Bitcoin provides a simpler alternative to the traditional financial system. Since Bitcoin is a decentralized currency, it removes the bank as a middleman between transactions – eliminating the banking fees associated with it (instant savings!) Bitcoin values user privacy. Besides requiring a user to verify their identity (i.e. SSN, drivers license, etc.) these three factors also maintain Bitcoins security: Bitcoin is encrypted within blockchain (meaning your personal information is hidden), Bitcoin is public (meaning all transactions are transparent, protecting anyone from scamming/cheating the system) and Bitcoin is decentralized (meaning transactions are kept track of worldwide.) Should someone try to hack a server, it would be pointless; there’s nothing you could steal that other servers couldn’t prevent and protect. Bitcoin is also not controlled by any government, entity or person but rather a network of computers around the world. From a user perspective, Bitcoin is pretty much like cash for the Internet.
What does that mean? How does it all work?
Basically, Bitcoin can be compared to virtual gold. Like gold, it is also created by mining, but the process is entirely electronic. Bitcoin miners verify transactions and combine those transactions into “blocks”, which in turn make up the digital currency’s blockchain. A blockchain is a public ledger of all verified transactions, of which Bitcoins are inseparable from. When a new “block” is completed, new Bitcoins are released and the network is updated. Miners are rewarded with Bitcoins for their work, which can be exchanged for other currencies, products, and services.
Where does one keep virtual money and will it run out?
It’s pretty straight forward when you get the hang of it. Bitcoins are finite; there are only 21 million in circulation worldwide. Once all 21 million have been mined, there will never be any new Bitcoins (unless a change to the protocol is made to increase the supply.) Bitcoins are kept in a digital wallet, storing the digital credentials for your Bitcoin holdings and allowing one to access (and spend) them. Bitcoin uses two cryptographic keys: one public and one private. Your wallet is a collection of these keys and can be used to track ownership, receive or spend cryptocurrencies.
So why have two keys, what’s the difference?
The two-step authentication for most transactions keeps cryptocurrency secure.

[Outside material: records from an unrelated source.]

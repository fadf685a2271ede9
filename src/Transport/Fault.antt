-- ===== src/Transport/Fault.antt =====
-- The errors of crates/iv-transport/src. Their wording is not modelled: one constructor stands for
-- the messages of one cause.
pub data Fault : Type 0 where
  unsupported_model unsupported_command invalid_value invalid_reply : Fault
  oversized_panel incomplete_panel : Fault
  closed poisoned oversized_payload send_failed pipe_lost timed_out : Fault
  malformed_frame oversized_frame reported : Fault
  deadline_expired spawn_failed lease_refused lease_missing : Fault
  not_connected incomplete_connection unusable identity_changed not_off shared_controller : Fault
  other_model other_resource same_instrument mixed_backends adc_over_usb not_a_source : Fault
  invalid_resource : Fault
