-- ===== src/Transport/Identity.antt =====
-- `verify_model` and `identity_command` of crates/iv-transport/src/instruments.rs: whether the reply
-- to an identity query is that of the selected model.
use kohdalab_iv.Common.{
  ℕ, ◌≡◌, refl, String, Bool, true, false, not, ◌&&◌, ◌||◌, List, [], ◌∷◌, if◌then◌else◌, any, leb,
  ◌==◌, arith, Result, ok, err,
}
use kohdalab_iv.Common.Text.{Text, text_of, text_eq, lines, uppercase, is_digit, is_ascii_uppercase}
use kohdalab_iv.Catalog.{InstrumentDialect, scpi, yokogawa7651, adc7461, agilent34401, simulation}
use kohdalab_iv.Transport.Instruments.{Role, dialect, valid_model, is_source_role}
use kohdalab_iv.Transport.Replies.{trim, starts_with}

unfoldable pub first_line : Text → Text
unfolding lines trim
first_line identity = elim (lines identity) [ [] ↦ [] | l ∷ ls ↦ uppercase (trim l) ]

-- `is_ascii_alphanumeric`.
abbrev pub is_alphanumeric : ℕ → Bool
is_alphanumeric c = is_digit c || (is_ascii_uppercase c || (leb b'a' c && leb c b'z'))

-- The pieces of a text between the characters that `keep` refuses, the empty ones too.
unfoldable pub split : (ℕ → Bool) → Text → List Text
split keep [] = [] ∷ []
split keep (c ∷ s) = elim (split keep s) [
  | [] ↦ []
  | w ∷ ws ↦ if keep c then (c ∷ w) ∷ ws else [] ∷ w ∷ ws
]

unfoldable pub has : Text → Text → Bool
unfolding split any
has first word = any (λ t. text_eq t word && not (text_eq t [])) (split is_alphanumeric first)

-- `model.rsplit('_').next()`.
unfoldable pub last_piece : List Text → Text
last_piece [] = []
last_piece (w ∷ []) = w
last_piece (w ∷ v ∷ ws) = last_piece (v ∷ ws)

unfoldable pub is_agilent : Text → String → Bool
unfolding has last_piece split
is_agilent first model =
    (has first (text_of "AGILENT")
      || (has first (text_of "KEYSIGHT")
          || (has first (text_of "HEWLETT") || has first (text_of "HP"))))
    && has first (last_piece (split (λ c. not (c == b'_')) (text_of model)))

unfoldable pub is_accepted : InstrumentDialect → Role → String → Text → Bool
unfolding is_agilent starts_with
is_accepted yokogawa7651 role model first =
    (starts_with (text_of "7651") first || starts_with (text_of "YOKOGAWA") first)
    && has first (text_of "7651")
is_accepted scpi role model first =
    if is_source_role role
    then has first (text_of "YOKOGAWA") && has first (text_of "GS210")
    else is_agilent first model
is_accepted adc7461 role model first =
    (has first (text_of "ADC") || (has first (text_of "ADCMT") || has first (text_of "ADVANTEST")))
    && (has first (text_of "7461A") || has first (text_of "AD7461A"))
is_accepted agilent34401 role model first = is_agilent first model
is_accepted simulation role model first = false

unfoldable pub verify_model : Role → String → Text → Result (Unit {0}) (Unit {0})
verify_model role model identity = elim (dialect role model) [
  | err e ↦ err tt
  | ok d ↦ if is_accepted d role model (first_line identity) then ok tt else err tt
]

unfoldable pub identity_command : Role → String → Result Text (Unit {0})
identity_command role model = elim (dialect role model) [
  | err e ↦ err tt
  | ok yokogawa7651 ↦ ok (text_of "OS;E\n")
  | ok d ↦ ok (text_of "*IDN?\n")
]

dialect-valid_model :
    (role : Role) (model : String) (d : InstrumentDialect)
    → dialect role model ≡ ok d
    → valid_model role model ≡ true
unfolding dialect valid_model
dialect-valid_model role model d h = ground arith

-- A reply is accepted as the identity of a model only if the role takes that model.
pub verify_model-valid_model :
    (role : Role) (model : String) (identity : Text)
    → verify_model role model identity ≡ ok tt
    → valid_model role model ≡ true
unfolding verify_model
verify_model-valid_model role model identity h = by_dialect (dialect role model) refl
  where
    by_dialect :
        (r : Result InstrumentDialect (Unit {0}))
        → dialect role model ≡ r
        → valid_model role model ≡ true
    by_dialect (ok d) p = dialect-valid_model role model d p
    by_dialect (err e) p = absurd (ground arith)
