-- ===== src/Lib.antt =====
-- A verification library for VeraKey: the relayer's server, and the SDK that sites and the VeraKey
-- window use.
--
-- The program. A site's page opens the VeraKey window through the SDK (packages/sdk/src/connect.ts); the
-- window unlocks a passkey, signs and proves an action with the client (packages/sdk/src/client.ts) and posts
-- it to the relayer (server/), which checks it, simulates it and pays the gas; the site's server verifies
-- what came of it (packages/sdk/src/signin.ts) through the SDK's server kit (packages/sdk/src/server.ts),
-- whose store accepts each nonce and payment once. An owner can also disclose to somebody that two accounts
-- are one passkey's (packages/sdk/src/disclosure.ts).
--
-- The files, with the code that each models:
--  Server.RateLimit     server/rate-limit.ts, RateLimiter
--  Server.Relayer       server/relayer.ts: the class's state, its errors, the node's answers
--    .Abi, .Arguments   the inputs in packages/sdk/src/abi.ts and the argument conversion in relay
--    .Submit            assertOurAccount, spendGas, submit
--    .Relay             relay, defends, feeWaived
--    .Faucet            faucet
--    .Accounts          createAccount
--    .Interleaving      relay and faucet running at once, as a step relation, with the
--                       transactions that the node was given and the relayer no longer watches
--  Server.Rpc           server/index.ts: the route /api/rpc
--  Sdk.MemoryStore      packages/sdk/src/server.ts, memoryStore
--  Sdk.Payment          packages/sdk/src/server.ts: POST payment and acceptPayment
--    .Handler           the route's guards and its set of players
--    .Once              acceptPayment for requests that interleave
--  Sdk.Sessions         packages/sdk/src/server.ts: decodeSession, readSession, sign-out, owner checks
--  Sdk.SignIn           packages/sdk/src/server.ts: POST sign-in and readNonce
--  Sdk.Connect          packages/sdk/src/connect.ts: acceptRequest and parseRequest
--    .Popup             VeraKeyConnect.request, as a record that events change
--    .RoundTrip         what signIn and pay post, against parseRequest
--  Sdk.Session          packages/sdk/src/session.ts: the state, its errors, the server's answers
--    .Methods           load, signIn, signOut, pay, confirmPayment, cut at their awaits
--    .Machine           those pieces in any order, as a step relation
--    .Payments          with Sdk.Connect.Popup: the payments that the page hears of
--  Sdk.Verify           packages/sdk/src/signin.ts: the statement, its challenge and its fields
--    .Offline, .Chain   verifySignIn: the checks that need no chain, and the calls and the verdict
--    .Payments          verifyPayment, and findPayment as rounds
--    .Settled           the payment route of Sdk.Payment, with verifyPayment and findPayment
--    .SignedIn          the sign-in route of Sdk.SignIn, with verifySignIn
--  Sdk.Disclosure       packages/sdk/src/disclosure.ts: the statement and its fields
--    .Checks            verifyDisclosure
--  Sdk.Client           packages/sdk/src/client.ts: state, errors, states told; a monad over them
--    .Outside           the configuration, and the answers of browser, node, prover and relayer
--    .Unlock            register, unlock, authenticate, recoverPublicKey; prfCheck of webauthn.ts
--    .Authorize         nullifier, canConfirmPayments, authorize
--    .Methods           run, submit, ensureAccount, pay, the changes and cancellations; relay of relayer.ts
--    .Proofs            proveSignIn, createDisclosure, guardianCard; accountAddressOf of signin.ts
--    .Honest            what proveSignIn returns, as a site reads it; .Accepted, and what verifySignIn says of it
--  Sdk.Actions          packages/sdk/src/action.ts: actions, changes, their hashes and payloads
--  Sdk.Passkeys         packages/sdk/src/store.ts: LocalPasskeyStore and MemoryPasskeyStore
--  Sdk.Bytes            packages/sdk/src/bytes.ts: numbers, limbs, field texts; .Base64, base64url
--  Sdk.Viem             what the SDK takes from viem and the browser, as parameters
--  Collections          JavaScript's Map and Set with text keys
--  Prelude              shared names; Prelude.Text has toLowerCase, slice and BigInt of a text
-- Below a module, Laws and modules named for what they prove hold the theorems; Tests hold runs at
-- concrete inputs.
--
-- How the code is written here. An operation takes the state and gives its answer with the new state; an
-- exception is a failure value, with the status and text of the error. Date.now() is an argument. What a
-- request finds outside, such as the node's answers and viem's tests of texts, is a record of parameters
-- (Context, Platform, Chain). Numbers are natural numbers and times whole milliseconds; where the source
-- subtracts times, the model compares sums. In the client a method is a function of its state that gives a
-- result, the client that it leaves and the events in between: the states told, the ceremonies asked of the
-- passkey, the calls relayed.
--
-- Bounds and fuel. findPayment recurses on fuel: two rounds more than the timeout holds pauses of two
-- seconds, which is enough because each round ends at least that much after the one before. The retries of
-- acceptPayment and of the relayer's client recurse on their counts, five and ten. A decimal has at most 80
-- digits and a field text 64. All other recursion is on the data.
--
-- Left out of what is modelled: the texts that explain a failed check of a sign-in or a disclosure, the receipt
-- and the count of public keys in the client's verified state, and errors' causes.
--
-- Not modelled: the log and the random delay before sending, which change no state; the faucet's file
-- beyond the texts written to it and what a failed write leaves; the other HTTP routes; cookies and their
-- MACs; the client's reads of an account's state; the browser's calls under webauthn.ts; module accounts;
-- the web app; and the contracts and circuits, which are in other languages. The hashes, the curve and the
-- provers are third-party code, and parameters here.
pub mod Prelude
pub mod Collections
pub mod Server
pub mod Sdk
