-- ===== src/Collections.antt =====
-- JavaScript's Map and Set with text keys, and lists that count, as the SDK and the relayer use them.
pub mod Map
pub mod Set
pub mod Bag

Anyone can send cryptocurrency to an address. However, only the one who has the private key of the corresponding (public key) address can use it. Simply put: a public key allows others to make payments to the address derived from it, whereas a private key enables the spending of cryptocurrency from that address.
Fun fact: Bitcoin was invented in 2008 by an unknown person or group of people using the name Satoshi Nakamoto.